Looking back at what I wrote as an introduction to this website when I launched it at the end of 2017, I am surprised to find that I can still stand by most of it. I had the feeling that my views had shifted a lot more than perhaps they have. In fact, there are only two things that I think completely differently about now, both of which I had already articulated in my update two years ago, when I said that, “if anyone I knew personally today told me they were considering ‘transition’, I would try to talk them out of it”. The second thing is more complicated. Two years ago I said I’d stopped being careful about language for fear of offending people. Over the past year I have become careful about language again but for a different reason. Whereas I was never going to be browbeaten into using silly ideological terms like ‘cis’ and ‘sex assigned at birth’ and I have long since stopped using ‘transwoman’ and ‘transman’, I have now abandoned the use of the term ‘transgender/trans’ – as in ‘trans people’ – altogether.

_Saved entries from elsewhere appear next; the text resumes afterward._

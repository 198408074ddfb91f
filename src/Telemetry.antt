-- ===== src/Telemetry.antt =====
-- Validation of numeric readings (packages/backend/src/constella/telemetry.py).
pub mod Rules
pub mod Filter
mod Tests
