-- ===== src/Telemetry/Filter.antt =====
-- What `filter_readings` keeps (telemetry.py).
use constella.Prelude.{
  or_right, or_left, ◌≡◌, refl, ap, subst, ◌∙◌, Bool, true, false, not, ◌||◌, Option, none, some,
  List, [], ◌∷◌, Text, text_eq, text_eq→eq, any, if◌then◌else◌, inl, inr, Bool-cases,
}
use constella.Prelude.Dicts.{Dict, lookup, erase, lookup-erase}
use constella.Telemetry.Rules.{
  Value, NumericRule, is_good, invalid_names, erase_all, without, filter_readings,
}

abbrev pub has_name : Text → List Text → Bool
has_name k names = any (λ name. text_eq name k) names

abbrev pub has_key : Text → Dict Value → Bool
has_key k metrics = any (λ (entry : Text × Value). text_eq entry.0 k) metrics

-- A dict has each key once.
unfoldable pub AreDistinct : Dict Value → Type 0
AreDistinct [] = Unit
AreDistinct ((name, v) ∷ metrics) = (has_key name metrics ≡ false) × AreDistinct metrics

-- A reading that its rule accepts.
abbrev pub good_only : Dict NumericRule → Text → Option Value → Option Value
good_only rules k none = none
good_only rules k (some v) = if is_good rules k v then some v else none

-- Whether there is a reading that its rule refuses.
abbrev pub is_bad : Dict NumericRule → Text → Option Value → Bool
is_bad rules k none = false
is_bad rules k (some v) = not (is_good rules k v)

erased :
    (p q : Bool) (o : Option Value)
    → (if q then none else (if p then none else o)) ≡ (if p || q then none else o)
erased true true o = refl
erased true false o = refl
erased false q o = refl

without-eq :
    (names : List Text) (metrics : Dict Value)
    → ((without names metrics).0 ≡ erase_all names metrics) × ((without names metrics).1 ≡ names)
unfolding erase_all
without-eq [] metrics = (refl, refl)
without-eq (name ∷ names) metrics = (refl, refl)

kept :
    (rules : Dict NumericRule) (k : Text) (o : Option Value)
    → (if is_bad rules k o then none else o) ≡ good_only rules k o
kept rules k none = refl
kept rules k (some v) = elim (Bool-cases (is_good rules k v)) [
  | inl good ↦ simp (good, good) refl
  | inr bad ↦ simp (bad, bad) refl
]

lookup-erase_all :
    (k : Text) (names : List Text) (metrics : Dict Value)
    → lookup k (erase_all names metrics) ≡ (if has_name k names then none else lookup k metrics)
unfolding erase_all
lookup-erase_all k [] metrics = refl
lookup-erase_all k (name ∷ names) metrics =
    lookup-erase_all k names (erase name metrics)
    ∙ rw (lookup-erase name k metrics)
        (erased (text_eq name k) (has_name k names) (lookup k metrics))

no_key :
    (rules : Dict NumericRule) (k : Text) (metrics : Dict Value)
    → has_key k metrics ≡ false
    → has_name k (invalid_names rules metrics) ≡ false
unfolding invalid_names
no_key rules k [] h = refl
no_key rules k ((name, v) ∷ metrics) h = elim (Bool-cases (is_good rules name v)) [
  | inl good ↦ simp good (no_key rules k metrics (or_right (text_eq name k) _ h))
  | inr bad ↦
      simp (bad, or_left (text_eq name k) _ h)
        (no_key rules k metrics (or_right (text_eq name k) _ h))
]

has_name-invalid_names :
    (rules : Dict NumericRule) (k : Text) (metrics : Dict Value)
    → AreDistinct metrics
    → has_name k (invalid_names rules metrics) ≡ is_bad rules k (lookup k metrics)
unfolding invalid_names lookup AreDistinct
has_name-invalid_names rules k [] ok = refl
has_name-invalid_names rules k ((name, v) ∷ metrics) ok = elim (Bool-cases (text_eq name k)) [
  | inl same ↦ elim (Bool-cases (is_good rules name v)) [
    | inl good ↦
        let good_k = subst (λ n. is_good rules n v ≡ true) (text_eq→eq name k same) good in
        let gone = subst (λ n. has_key n metrics ≡ false) (text_eq→eq name k same) ok.0 in
        simp (same, good, good_k) (no_key rules k metrics gone)
    | inr bad ↦
        let bad_k = subst (λ n. is_good rules n v ≡ false) (text_eq→eq name k same) bad in
        simp (same, bad, bad_k, same) refl
  ]
  | inr other ↦ elim (Bool-cases (is_good rules name v)) [
    | inl good ↦ simp (other, good) (has_name-invalid_names rules k metrics ok.1)
    | inr bad ↦ simp (other, bad, other) (has_name-invalid_names rules k metrics ok.1)
  ]
]

-- Of a dict of readings, `filter_readings` keeps under each name the reading that was there when its
-- rule accepts it, and nothing when it does not; and it lists a name exactly when the reading under it
-- was refused.
pub filter_readings-good :
    (rules : Dict NumericRule) (metrics : Dict Value)
    → AreDistinct metrics
    → (k : Text)
    → (lookup k (filter_readings rules metrics).0 ≡ good_only rules k (lookup k metrics))
      × (has_name k (filter_readings rules metrics).1 ≡ is_bad rules k (lookup k metrics))
unfolding filter_readings
filter_readings-good rules metrics ok k =
    let names = invalid_names rules metrics in
    let listed = has_name-invalid_names rules k metrics ok in
    (
      ap (lookup k) (without-eq names metrics).0
          ∙ lookup-erase_all k names metrics
          ∙ ap (λ b. if b then none else lookup k metrics) listed
          ∙ kept rules k (lookup k metrics),
      ap (has_name k) (without-eq names metrics).1 ∙ listed,
    )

‘Transgender’ is a label and those who choose to apply it to themselves do so for various reasons. This is why, if it is absolutely necessary to specify that I am talking about people who claim to be transgender, I will only use ‘trans-identifying’. Otherwise I will just call them what they are: men and women. The invention of a ‘trans umbrella’ has robbed the term ‘transgender’ of any useful meaning and using terms like ‘trans people’ give credence to what I have come to see as a dangerous falsehood.